JimC wrote: ↑Fri Feb 08, 2019 8:59 am
Certainly some of the privatisation measures by both federal and state governments in recent years have been fire sales to rescue flagging budgets, and the resulting private ownership is not always been good for the people at large.
Having said that, it is still reasonable to ask the question as to which sections of an economy are best under government control, and which are best left to free enterprise.
While fire sales were welcome topups for budgets, most of them, including Keating's sales initiatives were ideologically motivated. Keating's electoral campaigns were actually based on his claim that he could run capitalism better than the conservatives. Hence his bargain basement sale of the Commonwealth Bank (which has now become one of the four chief culprits fleecing hundreds of millions of dollars off its customers, including dead ones, for services that were not provided) and Qantas (which used to win the safest global airline award year after year, but since maintenance contacts have been outsourced to foreign businesses keep having bits of its airliners falling off or exploding). Power plants were supposed to reduce electricity bills after privatisation. What happened instead was that prices increased faster than before the selloffs.
None of that is particularly surprising for two reasons. Firstly, the superior efficiency of privately run enterprises turned out to be fictitious. Secondly, privately run enterprises had to add a profit margin to the already existing overheads.
I have personal experience of this when the St George Building Society was sold, becoming the St George Bank. Having had a savings and a mortgage account with that institution at the time, I received a letter promising that the new outfit will, unlike all the other privately (that is shareholder) owned banks, it will never introduce account keeping fees, and I will always be greeted by a friendly face from the other side of the counter.
A year or 18 months later account keeping fees were introduced and the smiles of the bank's staff had disappeared. They were replaced by stressful looks because staffing levels had been drastically cut across the board, leaving the remainder struggling to cope with their workload. I mentioned those broken promises to the bank manager of the Oatley branch one day while negotiating a mortgage on another property. Her reply? "Well, yes." she sighed, then continued. "We had not reckoned on the pressure by the shareholders to increase the profit margin."
Businesswise, the St George Bank was quite successful. It swallowed some smaller banks, eventually becoming one of "the big six" in Australia. Then Westpac swallowed it. Westpac turned out to be the worst offender of today's "big four", all of which were involved in the shearing of the flock scandal the Banking Royal Commission reported on in gory detail last week.
I need to mention that St George was never a government-owned institution.
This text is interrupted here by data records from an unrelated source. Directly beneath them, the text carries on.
-- ===== src/WebSocket/Fragments.antt =====
-- WSRecvMessage on the frames of a message.
use cpp_linux_server.Base.{
  ℕ, ◌+◌, ◌%◌, ◌^◌, ◌≤◌, ◌<◌, ◌≡◌, refl, sym, ap, ◌∙◌, List, [], ◌∷◌, ◌++◌, length, Bool, true,
  false, not, ltb, if◌then◌else◌, Option, none, some, All, arith, concat, append_assoc,
  length-append, le→ltb, lt→ltb, le-cases, inl, inr, lt→leb, le→leb, below→==,
}
use cpp_linux_server.ByteArray.Fixed.{to_bytes, of_bytes, byteswap}
use cpp_linux_server.ByteArray.Fixed.RoundTrip.{
  IsByte, length-to_bytes, of_bytes-to_bytes, byteswap-lt, byteswap-byteswap,
}
use cpp_linux_server.Stream.{Link, read_fix_size}
use cpp_linux_server.Stream.Delivery.{IsOpen, Received, read_fix_size-Received}
use cpp_linux_server.WebSocket.Limits.{cur_len-small}
use cpp_linux_server.WebSocket.{
  Config, FrameHead, head_bytes, head, mask_from, payload_field, length_bytes, Round, finished,
  going, then_round, with_bytes, with_length, with_key, opcode_of, data_frame, handle, round,
}
use cpp_linux_server.WebSocket.Frames.{
  mask_from-mask_from, head_of-head_bytes, wire_data, wire_key, frame, length-wire_data,
  length-head_bytes,
}

-- The link l' is l with `rest` left to read.
pub record At (rest : List ℕ) (l l' : Link) : Type 0 where
  pub rest_eq : concat l'.incoming ≡ rest
  pub is_open : IsOpen l'
  pub outgoing_eq : l'.outgoing ≡ l.outgoing
  pub closed_eq : l'.closed ≡ l.closed

split_front :
    (xs ys zs ws : List ℕ) → length xs ≡ length ys → xs ++ zs ≡ ys ++ ws → (xs ≡ ys) × (zs ≡ ws)
split_front [] [] zs ws n e = (refl, e)
split_front [] (y ∷ ys) zs ws n e = absurd (omega (arith, n))
split_front (x ∷ xs) [] zs ws n e = absurd (omega (arith, n))
split_front (x ∷ xs) (y ∷ ys) zs ws n e =
    let (p, q) = split_front xs ys zs ws (omega (arith, n)) (cc e) in
    let h : x ≡ y = cc e in (rw (h, p) refl, q)

-- A read of the n bytes in front.
with_bytes-then :
    (P : Round → Type 0) (cfg : Config) (n : ℕ) (bytes rest : List ℕ) (l₀ l : Link)
    (k : List ℕ → Link → Round)
    → 0 < cfg.max_len
    → length bytes ≡ n
    → 0 < n
    → n < 2 ^ 31
    → At (bytes ++ rest) l₀ l
    → ((l' : Link) → At rest l₀ l' → P (k bytes l'))
    → P (with_bytes cfg n l k)
unfolding with_bytes
with_bytes-then P cfg n bytes rest l₀ l k pos long some_bytes small a next =
    finish (read_fix_size cfg.max_len n l) (
      read_fix_size-Received cfg.max_len n l pos some_bytes small a.is_open
        (omega (arith, ap length a.rest_eq, length-append {0} bytes rest, long)))
  where
    finish : (r : Option (List ℕ) × Link) → Received n l r → P (then_round r k)
    finish (none, l') r = absurd (cc r.result_eq)
    finish (some got, l') r =
        let (front, behind) =
          split_front r.bytes bytes _ _ (r.size_eq ∙ sym long) (sym r.order_eq ∙ a.rest_eq) in
        let same : got ≡ bytes = cc (r.result_eq, front) in
        rw same (
          next l' (record {
            rest_eq = behind;
            is_open = r.is_open;
            outgoing_eq = r.outgoing_eq ∙ a.outgoing_eq;
            closed_eq = r.closed_eq ∙ a.closed_eq;
          }))

length_back :
    (w size : ℕ) → size < 256 ^ w → byteswap w (of_bytes (to_bytes w (byteswap w size))) ≡ size
length_back w size h =
    ap (byteswap w) (of_bytes-to_bytes w (byteswap w size) (byteswap-lt w size))
    ∙ byteswap-byteswap w size h

with_length-then :
    (P : Round → Type 0) (cfg : Config) (size : ℕ) (rest : List ℕ) (l₀ l : Link)
    (k : ℕ → Link → Round)
    → 0 < cfg.max_len
    → size < 2 ^ 31
    → At (length_bytes size ++ rest) l₀ l
    → ((l' : Link) → At rest l₀ l' → P (k size l'))
    → P (with_length cfg (payload_field size) l k)
unfolding with_length
with_length-then P cfg size rest l₀ l k pos small a next = elim (le-cases 126 size) [
  | inr short ↦
      rw (lt→ltb size 126 short, below→== size 126 short, below→== size 127 (omega arith))
        (next l (rw (lt→ltb size 126 short) at a))
  | inl long ↦ elim (le-cases 65536 size) [
    | inr middle ↦
        rw (le→ltb size 126 long, lt→ltb size 65536 middle)
          (with_bytes-then P cfg 2 (to_bytes 2 (byteswap 2 size)) rest l₀ l _ pos
            (length-to_bytes 2 (byteswap 2 size)) (omega arith) (omega arith)
            (rw (le→ltb size 126 long, lt→ltb size 65536 middle) at a)
            (λ l' b. rw (length_back 2 size middle) (next l' b)))
    | inl large ↦
        rw (le→ltb size 126 long, le→ltb size 65536 large)
          (with_bytes-then P cfg 8 (to_bytes 8 (byteswap 8 size)) rest l₀ l _ pos
            (length-to_bytes 8 (byteswap 8 size)) (omega arith) (omega arith)
            (rw (le→ltb size 126 long, le→ltb size 65536 large) at a)
            (λ l' b. rw (length_back 8 size (omega arith)) (next l' b)))
  ]
]

with_key-then :
    (P : Round → Type 0) (cfg : Config) (masked : Bool) (key rest : List ℕ) (l₀ l : Link)
    (k : List ℕ → Link → Round)
    → 0 < cfg.max_len
    → length key ≡ 4
    → At (wire_key masked key ++ rest) l₀ l
    → ((l' : Link)
        → At rest l₀ l'
        → (key' : List ℕ) → (if masked then (key' ≡ key) else Unit {0})
        → P (k key' l'))
    → P (with_key cfg masked l k)
unfolding with_key
with_key-then P cfg true key rest l₀ l k pos four a next =
    with_bytes-then P cfg 4 key rest l₀ l k pos four (omega arith) (omega arith) a
      (λ l' b. next l' b key refl)
with_key-then P cfg false key rest l₀ l k pos four a next = next l a _ tt

-- What a frame of data comes to; `total` is the data with that of the frame.
unfoldable pub arrived : Bool → ℕ → List ℕ → Link → Round
arrived fin opcode total l =
    if fin then finished (record { opcode = opcode; content = total }) l else going opcode total l

unmasked :
    (masked : Bool) (key key' bytes : List ℕ)
    → All IsByte key
    → All IsByte bytes
    → (if masked then (key' ≡ key) else Unit {0})
    → (if masked then mask_from key' 0 (wire_data masked key bytes) else wire_data masked key bytes)
      ≡ bytes
unmasked true key key' bytes k h same = rw same (mask_from-mask_from key 0 bytes k h)
unmasked false key key' bytes k h same = refl

data_frame-then :
    (P : Round → Type 0) (cfg : Config) (fin masked : Bool) (key : List ℕ) (opcode op : ℕ)
    (content data' rest : List ℕ) (l₀ l : Link)
    → 0 < cfg.max_len
    → length key ≡ 4
    → All IsByte key
    → All IsByte data'
    → 0 < length data'
    → length content + length data' < cfg.max_size
    → cfg.max_size < 2 ^ 31
    → At
        (length_bytes (length data')
          ++ (wire_key masked key ++ (wire_data masked key data' ++ rest)))
        l₀
        l
    → ((l' : Link) → At rest l₀ l' → P (arrived fin (opcode_of opcode op) (content ++ data') l'))
    → P (data_frame cfg (head op fin (payload_field (length data')) masked) opcode content l)
unfolding data_frame arrived
data_frame-then P cfg fin masked key opcode op content data' rest l₀ l pos four key_bytes data_bytes
      some_data fits limit a next =
    with_length-then P cfg (length data') _ l₀ l _ pos (omega arith) a (λ l₁ b.
      rw
        (
          cur_len-small content (omega arith),
          lt→leb cfg.max_size ((length content + length data') % 2 ^ 64) (omega arith),
        )
        (with_key-then P cfg masked key _ l₀ l₁ _ pos four b (λ l₂ c key' same.
          rw (lt→leb (2 ^ 31) (length content) (omega arith)) (
            with_bytes-then P cfg (length data') (wire_data masked key data') rest l₀ l₂ _ pos
              (length-wire_data masked key data') some_data (omega arith) c
              (λ l₃ d.
                rw (unmasked masked key key' data' key_bytes data_bytes same) (next l₃ d))))))

-- A frame as its sender has it.
pub record Fragment : Type 0 where
  pub key : List ℕ
  pub opcode : ℕ
  pub content : List ℕ

-- A masking key of four bytes, one of the opcodes of data, and at least a byte of it.
pub record IsFragment (f : Fragment) : Type 0 where
  pub four : length f.key ≡ 4
  pub key_bytes : All IsByte f.key
  pub data_opcode : f.opcode ≤ 2
  pub some_data : 0 < length f.content
  pub data_bytes : All IsByte f.content

payload_field-lt : (size : ℕ) → payload_field size < 128
payload_field-lt size = elim (le-cases 126 size) [
  | inr short ↦ rw (lt→ltb size 126 short) (omega arith)
  | inl long ↦ rw (le→ltb size 126 long) (of_two (ltb size 65536))
]
  where
    of_two : (b : Bool) → (if b then 126 else 127) < 128
    of_two true = omega arith
    of_two false = omega arith

handle-data :
    (cfg : Config) (client fin : Bool) (op payload opcode : ℕ) (content : List ℕ) (l : Link)
    → op ≤ 2
    → handle cfg client (head op fin payload (not client)) opcode content l
      ≡ data_frame cfg (head op fin payload (not client)) opcode content l
unfolding handle
handle-data cfg true fin op payload opcode content l h =
    rw (below→== op 9 (omega arith), below→== op 10 (omega arith), le→leb op 2 h) refl
handle-data cfg false fin op payload opcode content l h =
    rw (below→== op 9 (omega arith), below→== op 10 (omega arith), le→leb op 2 h) refl

-- A round on a frame of data that the peer sent, which masks where the receiver is the server.
pub round-then :
    (P : Round → Type 0) (cfg : Config) (client fin : Bool) (f : Fragment) (opcode : ℕ)
    (content rest : List ℕ) (l₀ l : Link)
    → 0 < cfg.max_len
    → cfg.max_size < 2 ^ 31
    → IsFragment f
    → length content + length f.content < cfg.max_size
    → At (frame (not client) f.key f.opcode fin f.content ++ rest) l₀ l
    → ((l' : Link)
        → At rest l₀ l'
        → P (arrived fin (opcode_of opcode f.opcode) (content ++ f.content) l'))
    → P (round cfg client opcode content l)
unfolding round frame
round-then P cfg client fin f opcode content rest l₀ l pos limit ok fits a next =
    let size : ℕ = length f.content in
    let h : FrameHead = head f.opcode fin (payload_field size) (not client) in
    let ls : List ℕ = length_bytes size in
    let ks : List ℕ = wire_key (not client) f.key in
    let ds : List ℕ = wire_data (not client) f.key f.content in
    let split : (head_bytes h ++ (ls ++ (ks ++ ds))) ++ rest
        ≡ head_bytes h ++ (ls ++ (ks ++ (ds ++ rest))) =
      append_assoc (head_bytes h) (ls ++ (ks ++ ds)) rest
      ∙ ap (λ (ys : List ℕ). head_bytes h ++ ys)
          (append_assoc ls (ks ++ ds) rest
            ∙ ap (λ (ys : List ℕ). ls ++ ys) (append_assoc ks ds rest)) in
    with_bytes-then P cfg 2 (head_bytes h) _ l₀ l _ pos (length-head_bytes h) (omega arith)
      (omega arith) (rw split at a)
      (λ l₁ b.
        rw
          (
            head_of-head_bytes f.opcode (payload_field size) fin (not client)
                (omega (arith, ok.data_opcode)) (payload_field-lt size),
            handle-data cfg client fin f.opcode (payload_field size) opcode content l₁
                ok.data_opcode,
          )
          (data_frame-then P cfg fin (not client) f.key opcode f.opcode content f.content rest l₀ l₁
            pos ok.four ok.key_bytes ok.data_bytes ok.some_data fits limit b next))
It was a community, not-for-profit one, growing quite nicely for decades until the board of directors somehow became stacked with personnel which decided that making it a private enterprise owned by profit-seeking shareholders was "a good thing". Account holders were offered a carrot in the shape of small parcels of shares, the size of which was determined by the number of accounts they ran with the building society, and the number of years they held them. The bulk of the shares were sold via IPO. Of course those small parcels finished up on the open market before long, to be snapped up by the bigger fish, and they were the rapacious profit seekers. St George is not the only community owned service provider that died in that manner. Would you like to me to tell you about NatMut? The NRMA? I had personal experience with them too, and the result was the same. My bet is that the Bendigo bank will fall victim of the greedy fuckers before long too. We never seem to learn from the past. Big business keeps winning at the expense of ordinary folk. Stupid us.